Getting the part of Billy — an Iraq war veteran who is dealing with both his highly dysfunctional family and his sexuality — came about through a chance meeting with Prayer‘s director, Bartlett Sher. “He’s good friends with Kim Grigsby, our musical director from Spring Awakening, and one night when we were all hanging out, he asked me to do a workshop of the play, and then afterwards he offered me the role,” says Groff, who says he jumped at the chance to take the part. “This character gets to take an incredible A to Z journey — and in just 90 minutes. He’s effeminate, but he insists he’s not gay; his dad is a recovering alcoholic; and he has this complicated relationship with his sister’s husband — and, by the end of the play, he comes to a realization about what he wants from his life and his sexuality. Craig’s writing is so challenging and layered and alive. I just love it.”
Working with Sher, who won the 2008 Tony Award for South Pacific, has been a remarkable experience, says the actor. “Bart is this incredible director, who’s really good at communicating what he wants and also pushes you in ways you couldn’t imagine. He really watches and listens, and he makes you feel like you’ve come into his process one kind of actor and leave like another kind. But it’s hard work. Every day, I leave with a headache and go home and eat too much comfort food.”
Working with his five castmates — Victoria Clark, Michele Pawk, Skipp Sudduth, Cassie Beck, and Zachary Booth — has also proven to be what Groff calls a gift. “It’s such an honest environment, and it’s so inspiring, because the older actors are just as eager to learn from us as we are from them. Everyone shares advice about their lives and their process,” he says. “To see what Michele creates every night is just great, and Skipp is so amazing. And Vicki — whose character is basically isolated from the rest of us — has this one scene at the end of the play that she does differently every night, and just watching her is a master class. I can watch her burp on stage and feel how committed she is.”

and Bryce Ryness in Hair
(© Michal Daniel)
Before starting rehearsals, Groff spent much of August and September shooting Ang Lee’s film Taking Woodstock (which is why he left the Central Park production of Hair before the end of its run. ) “I was a mess at first, because I was having so much fun doing Hair, ” he says. “And when I first started the movie, I was sort of upset I wasn’t singing. But by the end of the shoot, I didn’t want it to be over.”

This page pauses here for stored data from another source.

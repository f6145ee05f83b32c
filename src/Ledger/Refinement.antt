-- ===== src/Ledger/Refinement.antt =====
-- Every operation of the ledger performs a move of the lock table.
use bagelquant_data.Prelude.{
  ℕ, ◌+◌, ◌≡◌, refl, sym, Bool, true, false, not, ◌&&◌, ◌⊎◌, inl, inr, Option, none, some, List, [],
  ◌∷◌, map, arith, ◌==◌, if◌then◌else◌, any, Bool-cases, Option-cases, is_some,
}
use bagelquant_data.Ledger.Data.{
  is_running, is_outcome, Scope, Lease, Ledger, Result, ok, err, ◌>>=◌, for_each, Holds, of_Holds,
}
use bagelquant_data.Ledger.Scopes.{
  Declared, same_identity, outdated, delete_checks, fresh_scope, redeclare, declare,
  delete_outdated, declare_all, synchronize_update_scopes, obsolete, remove_obsolete_update_scopes,
  claim_update_scopes, claimable, contains,
}
use bagelquant_data.Ledger.Outcomes.{
  Outcome, held, settled, emptied, reset_scope, resettable, reset_update_scopes,
}
use bagelquant_data.Ledger.Leases.{
  finalize_run, record_api_calls, begin_run, LeaseRequest, conflicts, grant, acquire_update_leases,
  abandon_update_owner, abandoned, held_by_any, owner_runs, refresh_update_lease,
  release_update_leases,
}
use bagelquant_data.Ledger.Rows.{RowsValid, IsOwned}
use bagelquant_data.Ledger.Lift.{settle-Keeps, find_empty-Keeps}
use bagelquant_data.Ledger.Steps.{Step, Reachable}
use bagelquant_data.Ledger.Invariant.{
  IsValid, outcome_not_running, settled-RowsValid, emptied-RowsValid, declare-IsValid,
  Reachable-IsValid,
}
use bagelquant_data.Ledger.Claims.{taken_ids}
use bagelquant_data.Ledger.Locks.{
  Locks, Move, held_by, Freed, Performs, holder_of, Freed-trans, holder_of-update, holder_of-filter,
  holder_of-append, idle_row, free_taken, holder_of-claimed, taken_rows,
}

abbrev pub locks : Ledger → Locks
locks l id = holder_of id l.scopes

-- The move of each operation: a claim takes the scopes that it returns; the operations of a run on its
-- outcomes free scopes of that run only, an abandoned owner loses the scopes of its runs, and a
-- declaration may free any; the others free none.
abbrev pub move_of : {l l' : Ledger} → Step l l' → Move
move_of (Step.synchronize now rows l) = Move.free (λ r. true)
move_of (Step.remove_obsolete src name hash l) = Move.free (λ r. false)
move_of (Step.claim now ids run l) = Move.take run (claim_update_scopes now ids run l).1
move_of (Step.settle now os run committed e) = Move.free (λ r. r == run)
move_of (Step.find_empty now calls rs run count e) = Move.free (λ r. r == run)
move_of (Step.reset now ids clear l) = Move.free (λ r. false)
move_of (Step.begin now run src name owner e) = Move.free (λ r. false)
move_of (Step.acquire now qs ttl owner e) = Move.free (λ r. false)
move_of (Step.abandon now owner reason l) = Move.free (contains (owner_runs owner l))
move_of (Step.finish now run status t l) = Move.free (λ r. false)
move_of (Step.audit cs l) = Move.free (λ r. false)
move_of (Step.refresh now run ttl l) = Move.free (λ r. false)
move_of (Step.release runs l) = Move.free (λ r. false)

held_lock :
    (id run : ℕ) (s : Scope) → held id run s ≡ true → held_by (λ r. r == run) s.active_run_id ≡ true
held_lock id run s h = ground (arith, h)

-- The rows are valid, and compared with the table `f` only locks of runs that `whose` names are freed.
record Frees (whose : ℕ → Bool) (f : Locks) (n : ℕ) (ss : List Scope) : Type 0 where
  rows : RowsValid n ss
  freed : (id : ℕ) → Freed whose (f id) (holder_of id ss)

module _ (f : Locks) (run : ℕ) where
  settled-Frees :
      (now id n : ℕ) (o : Outcome) (ss : List Scope)
      → is_outcome o.status ≡ true
      → Frees (λ r. r == run) f n ss
      → Frees (λ r. r == run) f n (map (λ s. if held id run s then settled now run o s else s) ss)
  settled-Frees now id n o ss outcome k = record {
    rows = settled-RowsValid run now id n o ss outcome k.rows;
    freed = λ i.
        Freed-trans (λ r. r == run) (f i) (holder_of i ss) _ (k.freed i)
          (holder_of-update (λ r. r == run) (held id run) (settled now run o) (λ s. refl)
            (λ s owned h. inr (refl, held_lock id run s h)) i ss k.rows.owned);
  }

  emptied-Frees :
      (now id n : ℕ) (ss : List Scope)
      → Frees (λ r. r == run) f n ss
      → Frees (λ r. r == run) f n (map (λ s. if held id run s then emptied now s else s) ss)
  emptied-Frees now id n ss k = record {
    rows = emptied-RowsValid run now id n ss k.rows;
    freed = λ i.
        Freed-trans (λ r. r == run) (f i) (holder_of i ss) _ (k.freed i)
          (holder_of-update (λ r. r == run) (held id run) (emptied now) (λ s. refl)
            (λ s owned h. inr (refl, held_lock id run s h)) i ss k.rows.owned);
  }

unchanged : (whose : ℕ → Bool) (l : Ledger) → IsValid l → Frees whose (locks l) l.next_id l.scopes
unchanged whose l v = record { rows = v; freed = λ id. inl refl }

-- A lock that is kept or dropped, whoever holds it.
Freed-any : (a b : Option ℕ) → (b ≡ a) ⊎ (b ≡ none) → Freed (λ r. true) a b
Freed-any a b (inl e) = inl e
Freed-any none b (inr n) = inl n
Freed-any (some r) b (inr n) = inr (n, refl)

redeclared :
    (now : ℕ) (d : Declared) (s : Scope)
    → ((redeclare now d s).active_run_id ≡ s.active_run_id)
      ⊎ ((redeclare now d s).active_run_id ≡ none)
redeclared now d s = elim (Bool-cases (not (s.spec_hash == d.spec_hash))) [
  | inl changed ↦ inr (rw (changed, redeclare) refl)
  | inr same ↦ inl (ground (arith, same))
]

redeclare-id : (now : ℕ) (d : Declared) (s : Scope) → (redeclare now d s).id ≡ s.id
redeclare-id now d s = ground arith

declare-Frees :
    (f : Locks) (now : ℕ) (d : Declared) (l : Ledger)
    → Frees (λ r. true) f l.next_id l.scopes
    → Frees (λ r. true) f (declare now l d).next_id (declare now l d).scopes
unfolding declare
declare-Frees f now d l k = record {
  rows = declare-IsValid now d l k.rows;
  freed = λ id. Freed-trans (λ r. true) (f id) (holder_of id l.scopes) _ (k.freed id) (kept id);
}
  where
    kept :
        (id : ℕ) → Freed (λ r. true) (holder_of id l.scopes) (holder_of id (declare now l d).scopes)
    kept id = elim (Bool-cases (any (same_identity d) l.scopes)) [
      | inl known ↦
          rw (known, declare)
            (holder_of-update (λ r. true) (same_identity d) (redeclare now d) (redeclare-id now d)
              (λ s owned h. Freed-any s.active_run_id _ (redeclared now d s)) id l.scopes
              k.rows.owned)
      | inr new ↦
          rw (new, declare) (inl (holder_of-append id l.scopes (fresh_scope now l.next_id d) refl))
    ]

declare_all-Frees :
    (f : Locks) (now : ℕ) (ds : List Declared) (l : Ledger)
    → Frees (λ r. true) f l.next_id l.scopes
    → Frees (λ r. true) f (declare_all now ds l).next_id (declare_all now ds l).scopes
unfolding declare_all
declare_all-Frees f now [] l k = k
declare_all-Frees f now (d ∷ ds) l k =
    declare_all-Frees f now ds (declare now l d) (declare-Frees f now d l k)

delete_outdated-Frees :
    (f : Locks) (ds : List Declared) (l : Ledger)
    → Frees (λ r. true) f l.next_id l.scopes
    → Frees (λ r. true) f (delete_outdated ds l).next_id (delete_outdated ds l).scopes
unfolding delete_outdated
delete_outdated-Frees f [] l k = k
delete_outdated-Frees f (d ∷ ds) l k = delete_outdated-Frees f ds (delete_checks (outdated d) l) k

-- A scope with an outcome is not running, and a run of an abandoned owner holds it.
idle_outcome : (s : Scope) → is_outcome s.status ≡ true → is_running s.status ≡ false
idle_outcome s h = outcome_not_running s.status h

owner_lock :
    (runs : List ℕ) (s : Scope)
    → held_by_any runs s ≡ true
    → held_by (contains runs) s.active_run_id ≡ true
owner_lock runs s h = elim (Option-cases s.active_run_id) [
  | inl e ↦ absurd (ground (arith, h, e))
  | inr (r, e) ↦ ground (arith, h, e)
]

resettable_idle :
    (ids : List ℕ) (now : ℕ) (clear : Bool) (s : Scope)
    → IsOwned s
    → resettable ids s ≡ true
    → Freed (λ r. false) s.active_run_id none
resettable_idle ids now clear s owned h =
    inl (sym (idle_row s owned (idle_outcome s (ground (arith, h)))))

obsolete_idle :
    (src name hash : ℕ) (s : Scope)
    → IsOwned s
    → not (obsolete src name hash s) ≡ false
    → s.active_run_id ≡ none
obsolete_idle src name hash s owned h = idle_row s owned (ground (arith, h))

reset-Freed :
    (now : ℕ) (ids : List ℕ) (clear : Bool) (l : Ledger)
    → IsValid l
    → (id : ℕ) → Freed (λ r. false) (locks l id) (locks (reset_update_scopes now ids clear l).0 id)
unfolding reset_update_scopes
reset-Freed now ids true l v id =
    holder_of-update (λ r. false) (resettable ids) (reset_scope now true) (λ s. refl)
      (resettable_idle ids now true) id l.scopes v.owned
reset-Freed now ids false l v id =
    holder_of-update (λ r. false) (resettable ids) (reset_scope now false) (λ s. refl)
      (resettable_idle ids now false) id l.scopes v.owned

-- The step leaves every lock as it is.
abbrev Unmoved : Ledger → Ledger → Type 0
Unmoved l l' = (id : ℕ) → Freed (λ r. false) (locks l id) (locks l' id)

begin-Unmoved :
    (now run src name : ℕ) (owner : Option ℕ) (l : Ledger)
    → Holds (Unmoved l) (begin_run now run src name owner l)
unfolding begin_run
begin-Unmoved now run src name owner l = elim (Bool-cases (any (λ r. r.run_id == run) l.runs)) [
  | inl known ↦ rw (known, begin_run) tt
  | inr new ↦ rw (new, begin_run) (λ id. inl refl)
]

acquire-Unmoved :
    (now : ℕ) (qs : List LeaseRequest) (ttl : ℕ) (owner : Option ℕ) (l : Ledger)
    → Holds (Unmoved l) (acquire_update_leases now qs ttl owner l)
unfolding acquire_update_leases
acquire-Unmoved now qs ttl owner l = elim (Bool-cases (any (λ q. any (conflicts q) l.leases) qs)) [
  | inl taken ↦ rw (taken, acquire_update_leases) tt
  | inr free ↦
      rw (free, acquire_update_leases) (always (for_each (grant now (now + ttl) owner) qs l.leases))
]
  where
    always :
        (m : Result (List Lease)) → Holds (Unmoved l) (m >>= λ es. ok (record l { leases = es }))
    always (ok es) = λ id. inl refl
    always (err e) = tt

claim-Performs :
    (now : ℕ) (ids : List ℕ) (run : ℕ) (l : Ledger)
    → IsValid l
    → Performs
        (Move.take run (claim_update_scopes now ids run l).1)
        (locks l)
        (locks (claim_update_scopes now ids run l).0)
unfolding claim_update_scopes
claim-Performs now ids run l v id =
    let taken = taken_ids (claimable ids) l.scopes in
    (
      unheld (Bool-cases (contains taken id)),
      holder_of-claimed now run taken id l.scopes (taken_rows (claimable ids) id l.scopes),
    )
  where
    unheld :
        (contains (taken_ids (claimable ids) l.scopes) id ≡ true)
          ⊎ (contains (taken_ids (claimable ids) l.scopes) id ≡ false)
        → (contains (taken_ids (claimable ids) l.scopes) id && is_some (holder_of id l.scopes))
          ≡ false
    unheld (inl mine) = rw (mine, free_taken ids id l.scopes v.owned v.distinct mine) refl
    unheld (inr foreign) = rw foreign refl

-- In every ledger that the operations reach from an empty database, each operation is a move of a table
-- of locks, one for each scope: a claim takes exactly the scopes that it returns, all of them free;
-- settling outcomes and recording empty results free scopes of their own run only; abandoning an owner
-- frees scopes of that owner's runs only; a declaration may free scopes; and every other operation leaves
-- all locks as they are. No operation hands a scope from one run to another.
pub Step-Performs :
    {l l' : Ledger} (s : Step l l') → Reachable l → Performs (move_of s) (locks l) (locks l')
unfolding synchronize_update_scopes remove_obsolete_update_scopes abandon_update_owner
    refresh_update_lease release_update_leases finalize_run record_api_calls
Step-Performs (Step.synchronize now rows l) r =
    let k =
      delete_outdated-Frees (locks l) rows l (unchanged (λ r. true) l (Reachable-IsValid r)) in
    (declare_all-Frees (locks l) now rows (delete_outdated rows l) k).freed
Step-Performs (Step.remove_obsolete src name hash l) r =
    let v = Reachable-IsValid r in
    λ id. inl (
      holder_of-filter (λ s. not (obsolete src name hash s)) (obsolete_idle src name hash) id
        l.scopes v.owned v.distinct)
Step-Performs (Step.claim now ids run l) r = claim-Performs now ids run l (Reachable-IsValid r)
Step-Performs (Step.settle now os run committed {l = l} e) r =
    (of_Holds (λ l'. Frees (λ r. r == run) (locks l) l'.next_id l'.scopes) e
      (settle-Keeps (Frees (λ r. r == run) (locks l)) run (settled-Frees (locks l) run)
        (emptied-Frees (locks l) run) now os committed l
        (unchanged (λ r. r == run) l (Reachable-IsValid r)))).freed
Step-Performs (Step.find_empty now calls rs run given {l = l} e) r =
    (of_Holds (λ l'. Frees (λ r. r == run) (locks l) l'.next_id l'.scopes) e
      (find_empty-Keeps (Frees (λ r. r == run) (locks l)) run (settled-Frees (locks l) run)
        (emptied-Frees (locks l) run) now calls rs given l
        (unchanged (λ r. r == run) l (Reachable-IsValid r)))).freed
Step-Performs (Step.reset now ids clear l) r = reset-Freed now ids clear l (Reachable-IsValid r)
Step-Performs (Step.begin now run src name owner {l = l} e) r =
    of_Holds (Unmoved l) e (begin-Unmoved now run src name owner l)
Step-Performs (Step.acquire now qs ttl owner {l = l} e) r =
    of_Holds (Unmoved l) e (acquire-Unmoved now qs ttl owner l)
Step-Performs (Step.abandon now owner reason l) r =
    let v = Reachable-IsValid r in
    λ id.
      holder_of-update (contains (owner_runs owner l)) (held_by_any (owner_runs owner l))
        (abandoned now reason) (λ s. refl)
        (λ s owned h. inr (refl, owner_lock (owner_runs owner l) s h)) id l.scopes v.owned
Step-Performs (Step.finish now run status t l) r = λ id. inl refl
Step-Performs (Step.audit cs l) r = λ id. inl refl
Step-Performs (Step.refresh now run ttl l) r = λ id. inl refl
Step-Performs (Step.release runs l) r = λ id. inl refl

In the film, due for release next year, Groff plays Michael Lang, one of the producers of the legendary Woodstock festival, He nailed the job through an audition tape without even having met Lee. But once the celebrated director sat down with his young star, he had plenty of homework for him. “He gave me binders of research, about 10 mix CDs from the music of the period, and all these movies that somehow related to the story from 2001: A Space Odyssey to Apocalypse Now, Brighton Beach Memoirs, and Head, which I’d never heard of,” relates Groff. “But the best thing was I got to hang out with the real Michael Lang and his family for a weekend. I could see why he was the kind of guy who took Woodstock so spiritually, even though he was on the business end.”

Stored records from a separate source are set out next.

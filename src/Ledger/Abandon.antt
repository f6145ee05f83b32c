-- ===== src/Ledger/Abandon.antt =====
-- Abandoning an owner takes exactly what worked for it.
use bagelquant_data.Prelude.{
  ℕ, ◌≡◌, refl, ◌∙◌, ap, ap₂, Bool, not, ◌&&◌, ◌||◌, inl, inr, none, List, [], ◌∷◌, map, arith,
  ◌==◌, if◌then◌else◌, filter, any, Bool-cases, Option-cases, All, any-append, ==→eq,
}
use mathlib.Core.Path.{fun_ext}
use bagelquant_data.Ledger.Data.{Scope, Run, Lease, Ledger, run_is_active, equals}
use bagelquant_data.Ledger.Rows.{IsOwned}
use bagelquant_data.Ledger.Scopes.{contains}
use bagelquant_data.Ledger.Leases.{
  owner_runs, held_by_any, abandoned, cancel_run, abandon_update_owner,
}
use bagelquant_data.Ledger.Steps.{Reachable}
use bagelquant_data.Ledger.Invariant.{Reachable-IsValid}
use bagelquant_data.Ledger.Locks.{held_by, holder_of}
use bagelquant_data.Ledger.Refinement.{locks}

-- A run works for an owner that has it as an active run, or that has a lease for it.
abbrev pub works_for : ℕ → Ledger → ℕ → Bool
works_for owner l run =
    any (λ r. r.run_id == run && (equals r.owner_id owner && run_is_active r.status)) l.runs
    || any (λ e. e.run_id == run && e.owner_id == owner) l.leases

abbrev pub is_active : ℕ → Ledger → Bool
is_active run l = any (λ r. r.run_id == run && run_is_active r.status) l.runs

abbrev pub has_lease : ℕ → ℕ → ℕ → Ledger → Bool
has_lease src name owner l =
    any (λ e. (e.source == src && e.dataset == name) && e.owner_id == owner) l.leases

contains-filter :
    {A : Type 0} (key : A → ℕ) (p : A → Bool) (xs : List A) (k : ℕ)
    → contains (map key (filter p xs)) k ≡ any (λ x. key x == k && p x) xs
contains-filter key p [] k = refl
contains-filter key p (x ∷ xs) k = ground (arith, contains-filter key p xs k)

contains-owner_runs :
    (owner : ℕ) (l : Ledger) (run : ℕ) → contains (owner_runs owner l) run ≡ works_for owner l run
contains-owner_runs owner l run =
    any-append (λ i. i == run)
      (map (λ r. r.run_id) (filter (λ r. equals r.owner_id owner && run_is_active r.status) l.runs))
      (map (λ e. e.run_id) (filter (λ e. e.owner_id == owner) l.leases))
    ∙ ap₂ ◌||◌
        (contains-filter (λ (r : Run). r.run_id)
          (λ r. equals r.owner_id owner && run_is_active r.status) l.runs run)
        (contains-filter (λ (e : Lease). e.run_id) (λ e. e.owner_id == owner) l.leases run)

-- A valid row is updated exactly when a listed run holds it.
held_row :
    (runs : List ℕ) (s : Scope)
    → IsOwned s
    → held_by_any runs s ≡ held_by (contains runs) s.active_run_id
held_row runs s o = elim (Option-cases s.active_run_id) [
  | inl e ↦ ground (arith, o, e)
  | inr (r, e) ↦ ground (arith, o, e)
]

holder_of-abandoned :
    (now reason : ℕ) (runs : List ℕ) (id : ℕ) (ss : List Scope)
    → All IsOwned ss
    → holder_of id (map (λ s. if held_by_any runs s then abandoned now reason s else s) ss)
      ≡ (if held_by (contains runs) (holder_of id ss) then none else holder_of id ss)
holder_of-abandoned now reason runs id [] o = refl
holder_of-abandoned now reason runs id (s ∷ ss) o =
    ground (arith, held_row runs s o.0, holder_of-abandoned now reason runs id ss o.1)

active_after :
    (now reason : ℕ) (runs : List ℕ) (run : ℕ) (rs : List Run)
    → any
        (λ r. r.run_id == run && run_is_active r.status)
        (map
          (λ r.
            if run_is_active r.status && contains runs r.run_id then cancel_run now reason r else r)
          rs)
      ≡ (any (λ r. r.run_id == run && run_is_active r.status) rs && not (contains runs run))
active_after now reason runs run [] = refl
active_after now reason runs run (r ∷ rs) = elim (Bool-cases (r.run_id == run)) [
  | inl here ↦
      ground
        (arith, active_after now reason runs run rs, ap (contains runs) (==→eq r.run_id run here))
  | inr other ↦ ground (arith, active_after now reason runs run rs)
]

leases_after :
    (owner src name other : ℕ) (es : List Lease)
    → any
        (λ e. (e.source == src && e.dataset == name) && e.owner_id == other)
        (filter (λ e. not (e.owner_id == owner)) es)
      ≡ (any (λ e. (e.source == src && e.dataset == name) && e.owner_id == other) es
          && not (other == owner))
leases_after owner src name other [] = refl
leases_after owner src name other (e ∷ es) = ground (arith, leases_after owner src name other es)

-- In every ledger that the operations reach, `abandon_update_owner` takes exactly what works for the
-- owner, which are its active runs and the runs that it has leases for: a scope that such a run holds
-- is held by no run afterwards, and every other scope has the holder that it had; a run is active
-- afterwards exactly when it was and does not work for the owner; and an owner has the lease of a
-- dataset afterwards exactly when it had it and is another.
pub abandon_update_owner_exact :
    (now owner reason : ℕ) (l : Ledger)
    → Reachable l
    → ((id : ℕ)
        → locks (abandon_update_owner now owner reason l) id
          ≡ (if held_by (works_for owner l) (locks l id) then none else locks l id))
      × ((run : ℕ)
          → is_active run (abandon_update_owner now owner reason l)
            ≡ (is_active run l && not (works_for owner l run)))
      × ((src name other : ℕ)
          → has_lease src name other (abandon_update_owner now owner reason l)
            ≡ (has_lease src name other l && not (other == owner)))
unfolding abandon_update_owner
abandon_update_owner_exact now owner reason l reached = (
  λ id. rw (← fun_ext (contains-owner_runs owner l)) (
      holder_of-abandoned now reason (owner_runs owner l) id l.scopes
        (Reachable-IsValid reached).owned),
  λ run.
      active_after now reason (owner_runs owner l) run l.runs
      ∙ ap (λ b. is_active run l && not b) (contains-owner_runs owner l run),
  λ src name other. leases_after owner src name other l.leases,
)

The film also was full of singular experiences for Groff, from being surrounded by a troupe of naked actor-dancers, to wearing a leather vest (and no shirt) and afro-like wig throughout the shoot, to getting to ride a motorcycle, a helicopter, and best of all, a horse. “I actually grew up on a horse farm — my dad’s a trainer — but my mom didn’t want us to ride. So I had never ridden a horse, and I had to take two weeks of riding lessons in upstate New York in the summer. That was maybe the most fun I’ve ever had,” he says.

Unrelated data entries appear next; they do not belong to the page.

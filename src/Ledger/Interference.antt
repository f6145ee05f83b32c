-- ===== src/Ledger/Interference.antt =====
-- What the operations of other runs do to a claim: nothing, so that its run can settle the scope.
use bagelquant_data.Prelude.{
  ℕ, ◌≡◌, ◌≢◌, Bool, true, false, not, Option, List, map, arith, if◌then◌else◌,
}
use bagelquant_data.Ledger.Data.{is_outcome, Scope, Call, Ledger, ok, of_Holds}
use bagelquant_data.Ledger.Scopes.{
  contains, claimable, claimed, claim_update_scopes, obsolete, remove_obsolete_update_scopes,
}
use bagelquant_data.Ledger.Outcomes.{
  Outcome, held, settled, transition_update_scopes, EmptyResult, emptied,
  record_empty_scope_results, reset_scope, resettable, reset_update_scopes,
}
use bagelquant_data.Ledger.Rows.{RowsValid}
use bagelquant_data.Ledger.Steps.{Step}
use bagelquant_data.Ledger.Lift.{settle-Keeps, find_empty-Keeps}
use bagelquant_data.Ledger.Invariant.{settled-RowsValid, emptied-RowsValid, Step-IsValid}
use bagelquant_data.Ledger.Claims.{
  Claimed, running_for, taken_ids, running_not_taken, Claimed-update, Claimed-filter, same_id,
}

-- A step that is not of run `run`, redeclares no scope and abandons no owner.
pub data OtherStep (run : ℕ) : Ledger → Ledger → Type 0 where
  claim :
      (now : ℕ) (ids : List ℕ) (r : ℕ) (l : Ledger)
      → OtherStep run l (claim_update_scopes now ids r l).0
  settle :
      (now : ℕ) (os : List Outcome) (r committed : ℕ) {l l' : Ledger}
      → r ≢ run
      → transition_update_scopes now os r committed l ≡ ok l'
      → OtherStep run l l'
  find_empty :
      (now : ℕ) (calls : List Call) (rs : List EmptyResult) (r : ℕ) (given : Option ℕ)
      {l l' : Ledger}
      → r ≢ run
      → record_empty_scope_results now calls rs r given l ≡ ok l'
      → OtherStep run l l'
  reset :
      (now : ℕ) (ids : List ℕ) (clear : Bool) (l : Ledger)
      → OtherStep run l (reset_update_scopes now ids clear l).0
  remove_obsolete :
      (src name hash : ℕ) (l : Ledger)
      → OtherStep run l (remove_obsolete_update_scopes src name hash l).0

pub data OtherSteps (run : ℕ) : Ledger → Ledger → Type 0 where
  here : (l : Ledger) → OtherSteps run l l
  next : {l l' l'' : Ledger} → OtherSteps run l l' → OtherStep run l' l'' → OtherSteps run l l''

not_held_by_other :
    (id run id' r : ℕ) (s : Scope) → r ≢ run → running_for id run s ≡ true → held id' r s ≡ false
not_held_by_other id run id' r s ne h = ground arith

-- The rows are valid, and one of them is running for the run.
pub record Kept (id run n : ℕ) (ss : List Scope) : Type 0 where
  pub rows : RowsValid n ss
  pub claimed_row : Claimed id run ss

module _ (id run r : ℕ) (ne : r ≢ run) where
  settled-Kept :
      (now id' n : ℕ) (o : Outcome) (ss : List Scope)
      → is_outcome o.status ≡ true
      → Kept id run n ss
      → Kept id run n (map (λ s. if held id' r s then settled now r o s else s) ss)
  settled-Kept now id' n o ss outcome k = record {
    rows = settled-RowsValid r now id' n o ss outcome k.rows;
    claimed_row =
        Claimed-update id run (held id' r) (settled now r o)
          (λ s. not_held_by_other id run id' r s ne) ss k.claimed_row;
  }

  emptied-Kept :
      (now id' n : ℕ) (ss : List Scope)
      → Kept id run n ss
      → Kept id run n (map (λ s. if held id' r s then emptied now s else s) ss)
  emptied-Kept now id' n ss k = record {
    rows = emptied-RowsValid r now id' n ss k.rows;
    claimed_row =
        Claimed-update id run (held id' r) (emptied now) (λ s. not_held_by_other id run id' r s ne)
          ss k.claimed_row;
  }

abbrev pub KeptIn : ℕ → ℕ → Ledger → Type 0
KeptIn id run l = Kept id run l.next_id l.scopes

reset-Claimed :
    (id run now : ℕ) (ids : List ℕ) (clear : Bool) (l : Ledger)
    → Claimed id run l.scopes
    → Claimed id run (reset_update_scopes now ids clear l).0.scopes
unfolding reset_update_scopes
reset-Claimed id run now ids true l c =
    Claimed-update id run (resettable ids) (reset_scope now true) (λ s h. ground arith) l.scopes c
reset-Claimed id run now ids false l c =
    Claimed-update id run (resettable ids) (reset_scope now false) (λ s h. ground arith) l.scopes c

claim-Claimed :
    (id run now : ℕ) (ids : List ℕ) (r : ℕ) (l : Ledger)
    → KeptIn id run l
    → Claimed id run (claim_update_scopes now ids r l).0.scopes
unfolding claim_update_scopes
claim-Claimed id run now ids r l k =
    Claimed-update id run (λ s. contains (taken_ids (claimable ids) l.scopes) s.id) (claimed now r)
      (λ s h.
        rw (same_id s id run h)
          (running_not_taken ids id run l.scopes k.rows.distinct k.claimed_row))
      l.scopes k.claimed_row

OtherStep-Kept :
    (id run : ℕ) {l l' : Ledger} → OtherStep run l l' → KeptIn id run l → KeptIn id run l'
OtherStep-Kept id run (OtherStep.claim now ids r l) k = record {
  rows = Step-IsValid (Step.claim now ids r l) k.rows;
  claimed_row = claim-Claimed id run now ids r l k;
}
OtherStep-Kept id run (OtherStep.settle now os r committed {l = l} ne e) k =
    of_Holds (KeptIn id run) e (
      settle-Keeps (Kept id run) r (settled-Kept id run r ne) (emptied-Kept id run r ne) now os
        committed l k)
OtherStep-Kept id run (OtherStep.find_empty now calls rs r given {l = l} ne e) k =
    of_Holds (KeptIn id run) e (
      find_empty-Keeps (Kept id run) r (settled-Kept id run r ne) (emptied-Kept id run r ne) now
        calls rs given l k)
OtherStep-Kept id run (OtherStep.reset now ids clear l) k = record {
  rows = Step-IsValid (Step.reset now ids clear l) k.rows;
  claimed_row = reset-Claimed id run now ids clear l k.claimed_row;
}
OtherStep-Kept id run (OtherStep.remove_obsolete src name hash l) k = record {
  rows = Step-IsValid (Step.remove_obsolete src name hash l) k.rows;
  claimed_row =
      unfold remove_obsolete_update_scopes in
      Claimed-filter id run (λ s. not (obsolete src name hash s)) (λ s h. ground arith) l.scopes
        k.claimed_row;
}

pub OtherSteps-Kept :
    (id run : ℕ) {l l' : Ledger} → OtherSteps run l l' → KeptIn id run l → KeptIn id run l'
OtherSteps-Kept id run (OtherSteps.here l) k = k
OtherSteps-Kept id run (OtherSteps.next steps s) k =
    OtherStep-Kept id run s (OtherSteps-Kept id run steps k)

Groff hasn’t completely left Spring Awakening behind — he’s hosting and performing in a benefit concert of the show’s music at Joe’s Pub on December 15, has gone back to see both his replacements (Kyle Riabko and Hunter Parrish), and plans to be there for the show’s closing on January 18. But ultimately, he says, the past is the past and he’s only interested in the future. “I really haven’t had a break from work in years, but I don’t want one. I am just looking for the next challenge and taking it as it comes,” he says. “I think the best thing is for my career to happen in an organic way and to follow my heart.”